Atama Kimono makes a similar close fitting short top and I've been meaning to pick one up.


----------



## ace (Sep 24, 2003)

I Prefer Shorts an a Tshirt.

But Lately a full Judo Gi With Shininstep Guards


----------



## pknox (Sep 24, 2003)

When I'm training no gi, it's either a T-Shirt or tank top, sometimes shirtless, and either gi pants or shorts (I'm partial to gi shorts -- I know they sell them pre-cut, but I just cut my old pants when they get ratty, as the knees usually go first anyway).  Occasionally I do wear a rash guard -- I have tried the Under Armor, and it is great -- it also seems to be cheaper than most rash guards I've seen, which is a definite plus.


----------



## Cruentus (Sep 24, 2003)

A thong.


----------



## pknox (Sep 24, 2003)

> _Originally posted by PAUL _
> *A thong. *



Yikes!  That image is sure going to take awhile to go away.


----------



## JDenz (Sep 25, 2003)

mostly a gi.  For some reason even though I am a wrestler I like training in the gi.  Without gi mostly shorts and a tee-shirt Under armor costs to much to make it into our training. lol


----------



## chaosomega (Sep 26, 2003)

When I'm actually training at a dojo/school/whatever, I'll wear the Nike shorts my dad gave me and the club T-Shirt. But when I'm training with my buddies, it either the same thing... or sometimes my full army fatigues (pants and jacket). Heheh.


----------



## spartanmachine (Sep 29, 2003)

I usually wear rash guards, Hunter makes a good one and Full Contact fighter has a nice one too. Along with shorts. For Gi training Ronin, Ki, which are descent and Mizuno which is awesome.


----------



## JDenz (Oct 2, 2003)

I got an underarmor shirt for my birthday it is awsome I think I am definitly going to get some more it is awsome.  It really feels like it gives me more endurance.


----------



## spartanmachine (Oct 2, 2003)

For those of you that wear under armour, which specific shirt do you have? Check their website for the names, is it the standard heatwear t-shirt? I'm thinking of picking some up since I've heard such great things.


----------



## ArnoldLee (Oct 2, 2003)

For shirts I've got the Heat Gear Full T-Shirt, Heat Gear Sleeveless T-Shirt, Turf Gear Long Sleeve Turf Shirt, Cold Gear Crew Neck and am going to get a All Season Gear Mock Turtleneck in the mail any time now.  Let me tell you that cold gear don't do squat in the cold unless you're already running around sweating.  I got it thinking I'd be able to use it outside last winter... darn near froze.  Hot Chillys makes a better cold shirt.  For under a gi though I love the Heat Gear Full T-Shirt.  Also it's only $24.99 if you just want to give it a try.  When you first put it on it might feel realllllly tight like a compression shirt.  Give it a chance you get used to it fast.  Depending on where you live the local sports stores may carry them.  There's a Find A Dealer link on their website.  Any more questions ask away.


----------



## pknox (Oct 2, 2003)

I have the long sleeve turf shirt in black.  I got it as opposed to the heat gear for 2 reasons:

1. It comes in long sleeve, and at the time I bought it, the heat gear didn't. (based on the website, I think it still doesn't)
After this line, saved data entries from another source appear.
-- ===== src/Lifecycle.antt =====
-- qemu_src/hw/misc/idt_ntb_ivshmem.c: the device's start and end, ivshmem_setup_interrupts,
-- ivshmem_common_realize to ivshmem_post_load, and ivshmem_ntb_idt_init.
mod Start
mod Stop
pub mod Ending
unfoldable pub use Start.*
unfoldable pub use Stop.*
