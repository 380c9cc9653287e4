-- ===== src/Peers/Members.antt =====
-- A connection message of another client: its notifier is counted, in a table that stays sound.
use qemu_ntb_switch.Prelude.{
  ℕ, ◌+◌, ◌≤◌, ◌<◌, ◌≡◌, ◌≢◌, refl, arith, Bool, true, false, not, ◌&&◌, some, ltb, leb, ◌==◌,
  update, ap, ◌∙◌, ◌∷◌, inl, inr, Bool-cases, min,
}
use qemu_ntb_switch.Device.{
  World, ok, IvshmemState, allocated, ◌>>◌, Ensures, Ensures-weaken, Ensures->>=,
  event_notifier_init_fd, close, check_eventfds,
}
use qemu_ntb_switch.Notify.{idt_kick_peer_interrupt, eventfd_interrupt_host}
use qemu_ntb_switch.Notify.Safety.{PeersFit, peer_at, Notifies, idt_kick_peer_interrupt-Notifies}
use qemu_ntb_switch.Peers.{
  Kvm, resize_peers, grow_peers, process_msg_connect, after_connect, process_peer_msg, grow_for,
}

-- Every peer in the table has an array of the device's vectors, and has sent no more notifiers.
abbrev pub Sized : IvshmemState → Type 0
Sized s =
    (i : ℕ)
    → i < s.nb_peers
    → ((s.peers i).eventfds ≡ allocated s.vectors) × ((s.peers i).nb_eventfds ≤ s.vectors)

-- Only the other machine's identifier may have been learnt.
abbrev pub SameDevice : World → World → Type 0
SameDevice w w' = w'.dev ≡ record w.dev { other_vm_id = w'.dev.other_vm_id }

PeersFit-Sized : (s : IvshmemState) → Sized s → PeersFit s
PeersFit-Sized s sized i = elim (Bool-cases (ltb i s.nb_peers)) [
  | inl lt ↦ let (e, le) = sized i (ground arith) in rw (lt, e) le
  | inr ge ↦ rw ge refl
]

after_connect-SameDevice :
    (k : Kvm) (posn vector : ℕ) (w : World)
    → PeersFit w.dev
    → Ensures (after_connect k posn vector w) (λ _ w'. SameDevice w w')
unfolding after_connect
after_connect-SameDevice k posn vector w fit =
    elim (Bool-cases (not (posn == w.dev.vm_id) && vector == eventfd_interrupt_host)) [
      | inl kicks ↦ rw kicks (
          Ensures-weaken (idt_kick_peer_interrupt w) (λ _. Notifies eventfd_interrupt_host w) _
            (idt_kick_peer_interrupt-Notifies w fit) (λ _ w' n. n.dev))
      | inr quiet ↦ rw quiet refl
    ]

-- The world after the descriptor has been stored as the peer's next notifier.
abbrev pub counted : ℕ → ℕ → World → World
counted posn fd w =
    let peer = w.dev.peers posn in
    record w {
      dev = record w.dev {
        peers = update w.dev.peers posn (record peer { nb_eventfds = peer.nb_eventfds + 1 });
      };
      calls = event_notifier_init_fd posn peer.nb_eventfds fd ∷ w.calls;
    }

Sized-counted :
    (posn fd : ℕ) (w : World)
    → Sized w.dev
    → (w.dev.peers posn).nb_eventfds < w.dev.vectors
    → Sized (counted posn fd w).dev
Sized-counted posn fd w sized lt i below = elim (Bool-cases (posn == i)) [
  | inl same ↦ rw same ((sized posn (ground arith)).0, omega arith)
  | inr differs ↦ rw differs (sized i below)
]

connect_room :
    (k : Kvm) (posn fd : ℕ) (w : World)
    → Sized w.dev
    → posn < w.dev.nb_peers
    → posn ≢ w.dev.vm_id
    → (w.dev.peers posn).nb_eventfds < w.dev.vectors
    → process_msg_connect k posn fd w
      ≡ (after_connect k posn (w.dev.peers posn).nb_eventfds >> λ w'. ok false w')
          (counted posn fd w)
unfolding process_msg_connect check_eventfds
connect_room k posn fd w sized in_table ne lt =
    let full : leb w.dev.vectors (w.dev.peers posn).nb_eventfds ≡ false = ground arith in
    let fits : ltb (w.dev.peers posn).nb_eventfds w.dev.vectors ≡ true = ground arith in
    let own : (posn == w.dev.vm_id) ≡ false = ground arith in
    rw (full, (sized posn in_table).0, fits, own) refl

connect_full :
    (k : Kvm) (posn fd : ℕ) (w : World)
    → w.dev.vectors ≤ (w.dev.peers posn).nb_eventfds
    → process_msg_connect k posn fd w ≡ ok true (record w { calls = close fd ∷ w.calls })
unfolding process_msg_connect
connect_full k posn fd w le = ground arith

Sized-SameDevice : (w w' : World) → SameDevice w w' → Sized w.dev → Sized w'.dev
Sized-SameDevice w w' e sized i lt =
    rw (ap (λ d. d.peers) e, ap (λ d. d.vectors) e) (sized i (rw (ap (λ d. d.nb_peers) e) at lt))

-- What a connection message does to the table, of which the peer `posn` is a part: the
-- notifier is counted, or refused where the peer has sent all of them.
abbrev pub Counts : ℕ → World → Bool → World → Type 0
Counts posn w err w' =
    Sized w'.dev
    × ((w'.dev.peers posn).nb_eventfds ≡ min ((w.dev.peers posn).nb_eventfds + 1) w.dev.vectors)
    × (err ≡ leb w.dev.vectors (w.dev.peers posn).nb_eventfds)

after_connect-Counts :
    (posn fd : ℕ) (w w' : World)
    → Sized w.dev
    → (w.dev.peers posn).nb_eventfds < w.dev.vectors
    → SameDevice (counted posn fd w) w'
    → Counts posn w false w'
after_connect-Counts posn fd w w' sized lt e = (
  Sized-SameDevice (counted posn fd w) w' e (Sized-counted posn fd w sized lt),
  ap (λ d. (d.peers posn).nb_eventfds) e ∙ (ground arith),
  (ground arith),
)

process_msg_connect-Counts :
    (k : Kvm) (posn fd : ℕ) (w : World)
    → Sized w.dev
    → posn < w.dev.nb_peers
    → posn ≢ w.dev.vm_id
    → Ensures (process_msg_connect k posn fd w) (Counts posn w)
process_msg_connect-Counts k posn fd w sized in_table ne =
    elim (Bool-cases (ltb (w.dev.peers posn).nb_eventfds w.dev.vectors)) [
      | inl below ↦
          let lt : (w.dev.peers posn).nb_eventfds < w.dev.vectors = ground arith in
          rw (connect_room k posn fd w sized in_table ne lt) (
            Ensures->>= (after_connect k posn (w.dev.peers posn).nb_eventfds) (λ _ w'. ok false w')
              (counted posn fd w) (λ _. SameDevice (counted posn fd w)) (Counts posn w)
              (after_connect-SameDevice k posn (w.dev.peers posn).nb_eventfds (counted posn fd w)
                (PeersFit-Sized (counted posn fd w).dev (Sized-counted posn fd w sized lt)))
              (λ _ w'. after_connect-Counts posn fd w w' sized lt))
      | inr full ↦
          let le : w.dev.vectors ≤ (w.dev.peers posn).nb_eventfds = ground arith in
          let eq : (w.dev.peers posn).nb_eventfds ≡ w.dev.vectors =
            (let same = (sized posn in_table).1 in omega arith) in
          rw (connect_full k posn fd w le) (sized, (omega arith), (ground arith))
    ]

-- The table has an entry for the client `n`, which the others keep theirs beside.
abbrev Grown : ℕ → World → World → Type 0
Grown n w w' =
    Sized w'.dev
    × (n < w'.dev.nb_peers)
    × (w'.dev.vm_id ≡ w.dev.vm_id)
    × (w'.dev.vectors ≡ w.dev.vectors)
    × ((w'.dev.peers n).nb_eventfds ≡ (peer_at w.dev n).nb_eventfds)

abbrev enlarged : ℕ → World → World
enlarged nb w = record w {
  dev = record w.dev {
    peers = grow_peers w.dev.peers w.dev.nb_peers nb w.dev.vectors;
    nb_peers = nb;
  };
}

Sized-enlarged : (nb : ℕ) (w : World) → Sized w.dev → Sized (enlarged nb w).dev
unfolding grow_peers
Sized-enlarged nb w sized i below = elim (Bool-cases (leb w.dev.nb_peers i)) [
  | inl new ↦ ground arith
  | inr old ↦ ground (arith, sized i)
]

resize_lem : (nb : ℕ) (w : World) → w.dev.nb_peers < nb → resize_peers nb w ≡ ok tt (enlarged nb w)
unfolding resize_peers
resize_lem nb w lt = ground arith

grow_for-Grown : (n : ℕ) (w : World) → Sized w.dev → Ensures (grow_for n w) (λ _ w'. Grown n w w')
unfolding grow_for grow_peers
grow_for-Grown n w sized = elim (Bool-cases (leb w.dev.nb_peers n)) [
  | inl new ↦
      rw (new, resize_lem (n + 1) w (ground arith))
        (Sized-enlarged (n + 1) w sized, (omega arith), refl, refl, (ground arith))
  | inr old ↦ rw old (sized, (ground arith), refl, refl, (ground arith))
]

-- If every peer has an array of the device's vectors and has sent no more notifiers than that,
-- then a connection message of another client, also of one beyond the end of the table, ends
-- without a fault, keeps this so for every peer, and counts the client's notifier, or refuses
-- it with an error where the client has sent all of them.
pub process_peer_msg-Counts :
    (k : Kvm) (n fd : ℕ) (w : World)
    → Sized w.dev
    → n ≢ w.dev.vm_id
    → Ensures (process_peer_msg k n (some fd) w) (λ err w'.
      Sized w'.dev
      × ((w'.dev.peers n).nb_eventfds ≡ min ((peer_at w.dev n).nb_eventfds + 1) w.dev.vectors)
      × (err ≡ leb w.dev.vectors (peer_at w.dev n).nb_eventfds))
unfolding process_peer_msg
process_peer_msg-Counts k n fd w sized ne =
    Ensures->>= (grow_for n) (λ _. process_msg_connect k n fd) w (λ _. Grown n w) _
      (grow_for-Grown n w sized)
      (λ _ u g.
        Ensures-weaken (process_msg_connect k n fd u) (Counts n u) _
          (process_msg_connect-Counts k n fd u g.0 g.1 (λ e. ne (e ∙ g.2)))
          (λ err w' c. (c.0, rw (← g.4, ← g.3) c.1, rw (← g.4, ← g.3) c.2)))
2. I figured the reinforcements added to prevent turf burn would make the shirt stronger.

So far so good.  I've been using it for about a year (I'd say maybe once a week to roll, once every couple weeks to lift in), and it's held up well.  I do tend to occasionally "sweat buckets" as ArnoldLee said, and it really does make me feel much drier when I do.  Every once in a while, my partners do say that it does make me kind of slippery though, but they also say that when I train without a shirt, so I don't think it's the gear's fault.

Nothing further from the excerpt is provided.